That development has been matched by an increase in web payments, according to data from the Nigeria Inter-Bank Settlement System (NIBSS), which is owned by the main bank and certified banks.
In 2016, there were 14 million web payments worth a total 132 billion naira ($420 million). Transactions jumped to 29 million worth 185 billion in 2017 and in the first quarter of 2018 there were almost 10 million worth 61 billion.
With a young population of almost 190 million, increasing smart phone usage and falling information expenses, Nigeria has actually long been seen as a great opportunity for online businesses - once consumers feel comfortable with electronic payments.
Online gaming firms say that is taking place, though reaching the 10s of millions of Nigerians without access to banking services stays a difficulty for pure online merchants.

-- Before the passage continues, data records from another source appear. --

-- ===== src/Data/Gaps/Segments.antt =====
-- The segments and gaps that `partition_into_segments` returns.
use mathlib.Core.List.{append_assoc, append-nil, flatten}
use binance_testnet_trading.Base.{
  Bool-cases, List, Result-cases, String, [], ap, arith, inl, inr, last?, leb, ok, refl, some, ℕ,
  ◌++◌, ◌+◌, ◌-◌, ◌<◌, ◌==◌, ◌∷◌, ◌≡◌, ◌≢◌,
}
use binance_testnet_trading.Data.{Candle, interval_to_ms}
use binance_testnet_trading.Data.Gaps.{
  GapRecord, SegmentationResult, append_last, gap_between, note_gap, partition_into_segments,
  partition_loop, with_candle,
}
use binance_testnet_trading.Data.Validation.{seen_before}

module _ {D : Type 0} where
  -- A segment: not empty, each candle one interval after the one before it, ending in `p`.
  abbrev pub Run : ℕ → List (Candle D) → Candle D → Type 0
  Run gap [] p = ⊥
  Run gap (x ∷ []) p = x ≡ p
  Run gap (x ∷ y ∷ ys) p = (y.open_time_ms ≡ x.open_time_ms + gap) × Run gap (y ∷ ys) p

  -- `g` records the hole between the candle `q` and the segment that comes next.
  abbrev pub GapAfter : ℕ → Candle D → GapRecord → List (Candle D) → Type 0
  GapAfter gap q g [] = ⊥
  GapAfter gap q g (c ∷ cs) =
      (g ≡ gap_between gap q c)
      × (q.open_time_ms < c.open_time_ms)
      × (c.open_time_ms ≢ q.open_time_ms + gap)

  -- Segments with one recorded gap between each two of them, the last one ending in `p`.
  abbrev pub IsSplit : ℕ → List (List (Candle D)) → List GapRecord → Candle D → Type 0
  IsSplit gap [] gaps p = ⊥
  IsSplit gap (s ∷ []) [] p = Run gap s p
  IsSplit gap (s ∷ []) (g ∷ gaps) p = ⊥
  IsSplit gap (s ∷ t ∷ ts) [] p = ⊥
  IsSplit gap (s ∷ t ∷ ts) (g ∷ gaps) p =
      ((q : Candle D) × Run gap s q × GapAfter gap q g t) × IsSplit gap (t ∷ ts) gaps p

  Run-follow :
      (gap : ℕ) (s : List (Candle D)) (p c : Candle D)
      → Run gap s p
      → c.open_time_ms ≡ p.open_time_ms + gap
      → Run gap (s ++ c ∷ []) c
  Run-follow gap [] p c r e = elim r [ ]
  Run-follow gap (x ∷ []) p c r e = (rw r e, refl)
  Run-follow gap (x ∷ y ∷ ys) p c r e = (r.0, Run-follow gap (y ∷ ys) p c r.1 e)

  GapAfter-follow :
      (gap : ℕ) (q : Candle D) (g : GapRecord) (t : List (Candle D)) (c : Candle D)
      → GapAfter gap q g t
      → GapAfter gap q g (t ++ c ∷ [])
  GapAfter-follow gap q g [] c h = elim h [ ]
  GapAfter-follow gap q g (x ∷ xs) c h = h

  IsSplit-follow :
      (gap : ℕ) (ss : List (List (Candle D))) (gaps : List GapRecord) (p c : Candle D)
      → IsSplit gap ss gaps p
      → c.open_time_ms ≡ p.open_time_ms + gap
      → IsSplit gap (append_last ss c) gaps c
  IsSplit-follow gap [] gaps p c h e = elim h [ ]
  IsSplit-follow gap (s ∷ []) [] p c h e = Run-follow gap s p c h e
  IsSplit-follow gap (s ∷ []) (g ∷ gaps) p c h e = elim h [ ]
  IsSplit-follow gap (s ∷ t ∷ ts) [] p c h e = elim h [ ]
  IsSplit-follow gap (s ∷ t ∷ []) (g ∷ gaps) p c h e = (
    (h.0.0, h.0.1, GapAfter-follow gap h.0.0 g t c h.0.2),
    IsSplit-follow gap (t ∷ []) gaps p c h.1 e,
  )
  IsSplit-follow gap (s ∷ t ∷ u ∷ us) (g ∷ gaps) p c h e =
      (h.0, IsSplit-follow gap (t ∷ u ∷ us) gaps p c h.1 e)

  IsSplit-open :
      (gap : ℕ) (ss : List (List (Candle D))) (gaps : List GapRecord) (p c : Candle D)
      → IsSplit gap ss gaps p
      → p.open_time_ms < c.open_time_ms
      → c.open_time_ms ≢ p.open_time_ms + gap
      → IsSplit gap (append_last (ss ++ [] ∷ []) c) (gaps ++ gap_between gap p c ∷ []) c
  IsSplit-open gap [] gaps p c h l n = elim h [ ]
  IsSplit-open gap (s ∷ []) [] p c h l n = ((p, h, (refl, l, n)), refl)
  IsSplit-open gap (s ∷ []) (g ∷ gaps) p c h l n = elim h [ ]
  IsSplit-open gap (s ∷ t ∷ ts) [] p c h l n = elim h [ ]
  IsSplit-open gap (s ∷ t ∷ []) (g ∷ gaps) p c h l n =
      (h.0, IsSplit-open gap (t ∷ []) gaps p c h.1 l n)
  IsSplit-open gap (s ∷ t ∷ u ∷ us) (g ∷ gaps) p c h l n =
      (h.0, IsSplit-open gap (t ∷ u ∷ us) gaps p c h.1 l n)

  flatten-append_last :
      (ss : List (List (Candle D))) (c : Candle D)
      → flatten (append_last ss c) ≡ flatten ss ++ c ∷ []
  unfolding flatten
  flatten-append_last [] c = refl
  flatten-append_last (s ∷ []) c = simp append-nil
  flatten-append_last (s ∷ t ∷ ts) c = simp (flatten-append_last (t ∷ ts) c, append_assoc)

  flatten-open : (ss : List (List (Candle D))) → flatten (ss ++ [] ∷ []) ≡ flatten ss
  unfolding flatten
  flatten-open [] = refl
  flatten-open (s ∷ ss) = ap (λ l. s ++ l) (flatten-open ss)

  -- What the loop has established when `p` is the candle that it last added.
  abbrev IsDone : ℕ → List (Candle D) → Candle D → SegmentationResult D → Type 0
  IsDone gap done p acc = (flatten acc.segments ≡ done) × IsSplit gap acc.segments acc.gaps p

  note_gap-IsDone :
      (gap : ℕ) (done : List (Candle D)) (p c : Candle D) (acc : SegmentationResult D)
      {next : SegmentationResult D}
      → IsDone gap done p acc
      → note_gap gap (some p) c acc ≡ ok next
      → IsDone gap (done ++ c ∷ []) c (with_candle next c)
  unfolding note_gap
  note_gap-IsDone gap done p c acc {next = next} h e =
      elim (Bool-cases (leb c.open_time_ms p.open_time_ms)) [
        | inl late ↦ ground arith
        | inr later ↦ elim (Bool-cases (c.open_time_ms - p.open_time_ms == gap)) [
          | inl follows ↦
              let same : next ≡ acc = ground arith in
              rw same (
                rw (flatten-append_last acc.segments c, h.0) refl,
                IsSplit-follow gap acc.segments acc.gaps p c h.1 (ground arith),
              )
          | inr apart ↦
              let opened : next ≡ record {
                segments = acc.segments ++ [] ∷ [];
                gaps = acc.gaps ++ gap_between gap p c ∷ [];
              } =
                ground arith in
              rw opened (
                rw (flatten-append_last (acc.segments ++ [] ∷ []) c, flatten-open acc.segments, h.0)
                    refl,
                IsSplit-open gap acc.segments acc.gaps p c h.1 (ground arith) (ground arith),
              )
        ]
      ]

  partition_loop-IsDone :
      (gap : ℕ) (seen : List ℕ) (done : List (Candle D)) (p : Candle D) (cs : List (Candle D))
      (acc : SegmentationResult D) {res : SegmentationResult D}
      → IsDone gap done p acc
      → partition_loop gap seen (some p) cs acc ≡ ok res
      → (q : Candle D) × (last? (p ∷ cs) ≡ some q) × IsDone gap (done ++ cs) q res
  unfolding partition_loop
  partition_loop-IsDone gap seen done p [] acc {res = res} h e =
      let same : res ≡ acc = ground arith in rw same (p, refl, (rw append-nil h.0, h.1))
  partition_loop-IsDone gap seen done p (c ∷ cs) acc {res = res} h e =
      elim (Bool-cases (seen_before seen c)) [
        | inl dup ↦ ground arith
        | inr fresh ↦ elim (Result-cases (note_gap gap (some p) c acc)) [
          | inl (next, en) ↦
              let rest : partition_loop gap (c.open_time_ms ∷ seen) (some c) cs (with_candle next c)
                  ≡ ok res =
                ground arith in
              let (q, last, found) =
                partition_loop-IsDone gap (c.open_time_ms ∷ seen) (done ++ c ∷ []) c cs
                  (with_candle next c) (note_gap-IsDone gap done p c acc h en) rest in
              (q, last, (rw append_assoc at found.0, found.1))
          | inr (x, en) ↦ ground arith
        ]
      ]

  -- When `partition_into_segments` returns, the interval is a supported one; the segments joined in
  -- order are the input, none dropped, added or moved; each segment is contiguous; and between each
  -- two segments stands one record, which is that of the hole between the last candle of the one and
  -- the first of the other: a later candle that does not open one interval after.
  pub partition_into_segments_splits :
      (cs : List (Candle D)) (interval : String) {res : SegmentationResult D}
      → partition_into_segments cs interval ≡ ok res
      → (flatten res.segments ≡ cs)
        × ((gap : ℕ) × (p : Candle D) × (interval_to_ms interval ≡ ok gap)
            × (last? cs ≡ some p)
            × IsSplit gap res.segments res.gaps p)
  unfolding partition_into_segments partition_loop note_gap flatten
  partition_into_segments_splits [] interval e = ground arith
  partition_into_segments_splits (c ∷ cs) interval {res = res} e =
      elim (Result-cases (interval_to_ms interval)) [
        | inl (gap, known) ↦
            let first : SegmentationResult D = record { segments = (c ∷ []) ∷ []; gaps = [] } in
            let run : partition_loop gap (c.open_time_ms ∷ []) (some c) cs first ≡ ok res =
              ground arith in
            let (q, last, found) =
              partition_loop-IsDone gap (c.open_time_ms ∷ []) (c ∷ []) c cs first (refl, refl)
                run in
            (found.0, (gap, q, known, last, found.1))
        | inr (x, unknown) ↦ ground arith
      ]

British online wagering company Betway opened its very first African company in Kenya in 2015, followed by Uganda, Ghana and South Africa. It launched in Nigeria in January.
"There is a progressive shift to online now, that is where the industry is going," Betway's Nigeria manager Lere Awokoya stated.
"The development in the number of fintechs, and the federal government as an enabler, has actually assisted business to thrive. These technological shifts encouraged Betway to begin operating in Nigeria," he stated.
FINTECH COMPETITION
sports betting firms capitalizing the soccer frenzy worked up by Nigeria's involvement on the planet Cup say they are finding the payment systems produced by regional startups such as Paystack are proving popular online.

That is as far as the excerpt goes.